Some residents at the forum wondered if the ATM could be held remotely. “My opinion is that this format we’re doing right now is not bad,” Water Commission Chair Jim Hutchinson said. Selectman Jennifer Glass pointed out that state law still requires ATMs to occur in person, though dividing it up over several days is permitted.
“My feeling is you lose something about community when you do it that way — it’s just not the same,” Holden said.
School project
Phase I of the two-year, two-phase school project is about halfway done, and the pandemic has not affected the cost or schedule for the work, School Building Committee Chair Chris Fasciano said.
Although several items had to be cut from the project earlier this year when bids came in over budget, some of them are on track to be restored through previously announced donations from the estate of Harriet Todd, Robert and Jacquelin Apsler, and a fund seeded by the eighth-grade Class of 2020. A grant from the Ogden Codman Trust will fund two bike/walking paths.
The Class of 2020 Tree Fund, which aims to restore new trees and plantings originally budgeted at $56,084, now stands at $35,500 (the fund’s goal is $60,000), Fasciano reported. The SBC has also applied for $161,200 in funds from the town’s Community Preservation Act funding in fiscal 2021 to cover the cost of upgrading the former green playground.
New auditorium rigging will not be included in the final project because the construction deadline for funding that work has passed. Also still needed is funding for furniture, fixtures, equipment, and technology that was cut. A total of $956,000 was originally budgeted; voters restored $200,000 as part of a $829,000 school package at the ATM in June.
A request for the remaining $756,000 “is likely to come up at some point,” though exactly when is unclear, Fasciano said. “It is a necessary part of the project.”
Town budget
Another unknown about the ongoing pandemic is how it will affect the budget for the next fiscal year.
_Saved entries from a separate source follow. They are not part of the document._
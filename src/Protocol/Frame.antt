-- ===== src/Protocol/Frame.antt =====
-- The binary chunk frames of rust/crates/protocol/src/data_channel.rs. A byte array is a list of
-- numbers below 256. Two conversions of the source cannot fail and are left out: `try_into` on a
-- slice of the array's own length, and the `usize` of a length that is at most 64 KiB.
pub mod Decoded
pub mod Layout
pub mod RoundTrip
use p2p_transmission.Prelude.{
  ℕ, ◌+◌, Bool, not, ◌==◌, ltb, List, [], ◌∷◌, ◌++◌, length, drop, get_elem?, Option, none, some,
  Result, ok, err, ◌>>=◌, ◌>>◌, reject_if, ok_or,
}
use p2p_transmission.Prelude.Words.{checked_add}
use p2p_transmission.OrdMap.Order.{text_order, same}
use p2p_transmission.Protocol.Limits.{
  Checked, ProtocolError, max_chunk_bytes, binary_frame_too_short, invalid_magic,
  unsupported_frame_type, chunk_too_large, binary_length_mismatch, offset_overflow,
}
use p2p_transmission.Protocol.Version.{ProtocolVersion, validate_version}
use p2p_transmission.Protocol.Bytes.{be_bytes, from_be, slice}

-- `b"P2P2"`.
abbrev pub chunk_magic : List ℕ
chunk_magic = b'P' ∷ b'2' ∷ b'P' ∷ b'2' ∷ []

abbrev pub chunk_header_len : ℕ
chunk_header_len = 53

abbrev pub data_frame_type : ℕ
data_frame_type = 1

pub record BinaryChunkHeader : Type 0 where
  pub version : ProtocolVersion
  pub transfer_id : List ℕ
  pub file_id : List ℕ
  pub offset : ℕ
  pub payload_len : ℕ

-- The slices that `encode` fills lie end to end.
unfoldable pub encode : BinaryChunkHeader → List ℕ
encode header =
    chunk_magic
    ++ (be_bytes 2 header.version.major
        ++ (be_bytes 2 header.version.minor
            ++ (data_frame_type
                ∷ (header.transfer_id
                    ++ (header.file_id
                        ++ (be_bytes 8 header.offset ++ be_bytes 4 header.payload_len))))))

-- `frame[i]`, read only where the length has been checked.
abbrev pub byte_at : ℕ → List ℕ → ℕ
byte_at i frame = elim (get_elem? frame i) [ some b ↦ b | none ↦ 0 ]

-- The checks of `decode_binary_frame`, in their order, on the values that it reads: the length of
-- the frame, its magic, its type and its header.
unfoldable pub validate_frame : ℕ → List ℕ → ℕ → BinaryChunkHeader → Checked
unfolding validate_version
validate_frame frame_len magic frame_type header = do
  reject_if (ltb frame_len chunk_header_len) binary_frame_too_short
  reject_if (not (same magic chunk_magic)) invalid_magic
  validate_version header.version
  reject_if (not (frame_type == data_frame_type)) (unsupported_frame_type frame_type)
  reject_if (ltb max_chunk_bytes header.payload_len) chunk_too_large
  end ← ok_or (checked_add header.offset header.payload_len) offset_overflow
  expected ← ok_or (checked_add chunk_header_len header.payload_len) binary_length_mismatch
  reject_if (not (frame_len == expected)) binary_length_mismatch

-- The header that the decoder reads.
unfoldable pub read_header : List ℕ → BinaryChunkHeader
read_header frame = record {
  version = record { major = from_be (slice 4 6 frame); minor = from_be (slice 6 8 frame) };
  transfer_id = slice 9 25 frame;
  file_id = slice 25 41 frame;
  offset = from_be (slice 41 49 frame);
  payload_len = from_be (slice 49 53 frame);
}

unfoldable pub decode_binary_frame : List ℕ → Result ProtocolError (BinaryChunkHeader × List ℕ)
decode_binary_frame frame = do
  validate_frame (length frame) (slice 0 4 frame) (byte_at 8 frame) (read_header frame)
  ok (read_header frame, drop chunk_header_len frame)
In the current budget that began on July 1, the Finance Committee trimmed employee retirement contributions, deferred some capital expenditures, and expanded the town’s reserve fund by 50% to $753,000.
The town has also been tracking its expenses relating to Covid-19 and has thus far been reimbursed for all of them — but the CARES Act expires at the end of December and the prospects for another federal stimulus package are uncertain, FinCom chair Andy Payne said. As expected, the biggest Covid-related spending categories for the town have been personal protective equipment, IT hardware and support, and cleaning supplies and services, Payne said.
The FinCom has told departments who are now formulating their fiscal 2021 budget requests that they can ask for the usual maximum increase of 2.5%. The group is willing to consider additional requests, especially if cuts in services would be required, “but it’s gotta be super-compelling,” Payne said.
On the bright side, the town affirmed its AAA bond rating when it recently bonded $2,2 million for the Water Department at an interest rate below 1%, and the stabilization fund is now at about $2.47 million, “so we feel that we remain in pretty good financial shape at this point,” he said.